Exercise: Of the lines listed below, return exactly those that run from the line containing "upsert_clean-IsHints buses (c ∷" through the line containing "-- path: at", both included.

══ Records supplied

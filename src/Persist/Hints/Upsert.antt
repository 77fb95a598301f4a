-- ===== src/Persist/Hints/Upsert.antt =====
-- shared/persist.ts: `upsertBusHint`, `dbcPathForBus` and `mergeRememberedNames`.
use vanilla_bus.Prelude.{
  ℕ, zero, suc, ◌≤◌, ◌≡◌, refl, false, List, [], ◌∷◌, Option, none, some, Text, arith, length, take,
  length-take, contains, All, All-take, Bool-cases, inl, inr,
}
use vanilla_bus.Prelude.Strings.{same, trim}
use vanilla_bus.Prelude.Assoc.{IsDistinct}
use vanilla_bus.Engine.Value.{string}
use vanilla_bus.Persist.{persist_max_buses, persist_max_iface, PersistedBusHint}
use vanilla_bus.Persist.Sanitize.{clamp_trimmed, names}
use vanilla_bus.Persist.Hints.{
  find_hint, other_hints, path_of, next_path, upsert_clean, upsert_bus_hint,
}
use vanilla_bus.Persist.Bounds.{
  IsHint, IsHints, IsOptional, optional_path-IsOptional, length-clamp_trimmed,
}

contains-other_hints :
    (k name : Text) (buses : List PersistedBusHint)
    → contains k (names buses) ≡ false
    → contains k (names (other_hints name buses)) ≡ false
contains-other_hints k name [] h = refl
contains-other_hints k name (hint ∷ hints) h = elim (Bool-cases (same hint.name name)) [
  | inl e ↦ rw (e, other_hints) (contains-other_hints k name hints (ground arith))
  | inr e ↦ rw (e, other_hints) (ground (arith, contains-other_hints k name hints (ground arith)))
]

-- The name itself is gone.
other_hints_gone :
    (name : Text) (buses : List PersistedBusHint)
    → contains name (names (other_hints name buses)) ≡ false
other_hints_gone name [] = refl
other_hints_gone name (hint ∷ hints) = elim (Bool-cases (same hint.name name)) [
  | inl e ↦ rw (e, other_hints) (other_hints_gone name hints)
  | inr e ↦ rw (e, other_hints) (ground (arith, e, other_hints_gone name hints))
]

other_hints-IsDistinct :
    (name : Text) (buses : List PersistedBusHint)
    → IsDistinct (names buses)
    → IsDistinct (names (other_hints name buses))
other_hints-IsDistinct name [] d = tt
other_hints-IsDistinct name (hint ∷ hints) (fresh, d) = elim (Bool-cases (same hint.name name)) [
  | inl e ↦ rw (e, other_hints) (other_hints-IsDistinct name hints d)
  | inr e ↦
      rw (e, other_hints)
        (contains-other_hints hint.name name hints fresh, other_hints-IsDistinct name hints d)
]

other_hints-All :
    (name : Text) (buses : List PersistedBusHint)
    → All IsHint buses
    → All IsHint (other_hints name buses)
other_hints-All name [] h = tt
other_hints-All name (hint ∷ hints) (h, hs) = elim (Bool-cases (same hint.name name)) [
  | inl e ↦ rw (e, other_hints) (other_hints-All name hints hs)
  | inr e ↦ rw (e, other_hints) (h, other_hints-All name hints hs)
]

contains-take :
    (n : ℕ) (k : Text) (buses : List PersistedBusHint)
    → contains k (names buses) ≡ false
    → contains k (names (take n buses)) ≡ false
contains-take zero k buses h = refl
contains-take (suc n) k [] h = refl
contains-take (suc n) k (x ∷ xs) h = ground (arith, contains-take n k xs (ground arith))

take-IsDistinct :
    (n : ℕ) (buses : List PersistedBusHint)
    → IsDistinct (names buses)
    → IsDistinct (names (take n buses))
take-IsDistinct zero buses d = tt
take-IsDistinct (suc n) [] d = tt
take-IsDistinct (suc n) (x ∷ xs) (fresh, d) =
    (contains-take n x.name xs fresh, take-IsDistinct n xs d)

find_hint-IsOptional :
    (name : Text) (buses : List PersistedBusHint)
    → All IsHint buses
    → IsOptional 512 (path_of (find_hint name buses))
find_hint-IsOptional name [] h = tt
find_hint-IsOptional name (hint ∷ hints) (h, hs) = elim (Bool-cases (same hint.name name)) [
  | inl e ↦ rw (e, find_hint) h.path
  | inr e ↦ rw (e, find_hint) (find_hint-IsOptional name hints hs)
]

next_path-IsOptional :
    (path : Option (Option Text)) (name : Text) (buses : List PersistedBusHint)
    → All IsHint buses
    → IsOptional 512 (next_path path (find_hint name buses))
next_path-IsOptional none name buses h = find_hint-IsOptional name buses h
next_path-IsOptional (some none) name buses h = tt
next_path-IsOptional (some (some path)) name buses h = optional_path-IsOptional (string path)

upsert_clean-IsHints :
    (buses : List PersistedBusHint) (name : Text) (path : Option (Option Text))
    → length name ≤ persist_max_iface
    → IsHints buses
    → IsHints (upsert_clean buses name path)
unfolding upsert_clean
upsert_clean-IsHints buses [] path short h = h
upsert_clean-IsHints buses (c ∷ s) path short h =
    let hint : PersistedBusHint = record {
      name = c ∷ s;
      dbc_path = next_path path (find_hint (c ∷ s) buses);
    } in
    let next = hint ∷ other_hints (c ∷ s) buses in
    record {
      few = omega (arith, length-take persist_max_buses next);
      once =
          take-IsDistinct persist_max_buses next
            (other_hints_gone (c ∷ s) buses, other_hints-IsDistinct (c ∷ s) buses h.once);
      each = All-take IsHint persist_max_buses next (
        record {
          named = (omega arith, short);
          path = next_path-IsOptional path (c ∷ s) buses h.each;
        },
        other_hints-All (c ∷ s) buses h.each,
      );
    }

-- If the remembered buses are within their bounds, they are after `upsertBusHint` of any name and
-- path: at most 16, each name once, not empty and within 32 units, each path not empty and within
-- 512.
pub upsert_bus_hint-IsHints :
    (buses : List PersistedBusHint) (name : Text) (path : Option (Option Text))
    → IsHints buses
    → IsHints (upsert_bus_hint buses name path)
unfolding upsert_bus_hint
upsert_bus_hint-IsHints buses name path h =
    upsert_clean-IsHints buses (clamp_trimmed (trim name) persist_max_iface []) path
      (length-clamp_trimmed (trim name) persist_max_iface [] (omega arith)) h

════

Exercise solution:
upsert_clean-IsHints buses (c ∷ s) path short h =
    let hint : PersistedBusHint = record {
      name = c ∷ s;
      dbc_path = next_path path (find_hint (c ∷ s) buses);
    } in
    let next = hint ∷ other_hints (c ∷ s) buses in
    record {
      few = omega (arith, length-take persist_max_buses next);
      once =
          take-IsDistinct persist_max_buses next
            (other_hints_gone (c ∷ s) buses, other_hints-IsDistinct (c ∷ s) buses h.once);
      each = All-take IsHint persist_max_buses next (
        record {
          named = (omega arith, short);
          path = next_path-IsOptional path (c ∷ s) buses h.each;
        },
        other_hints-All (c ∷ s) buses h.each,
      );
    }

-- If the remembered buses are within their bounds, they are after `upsertBusHint` of any name and
-- path: at most 16, each name once, not empty and within 32 units, each path not empty and within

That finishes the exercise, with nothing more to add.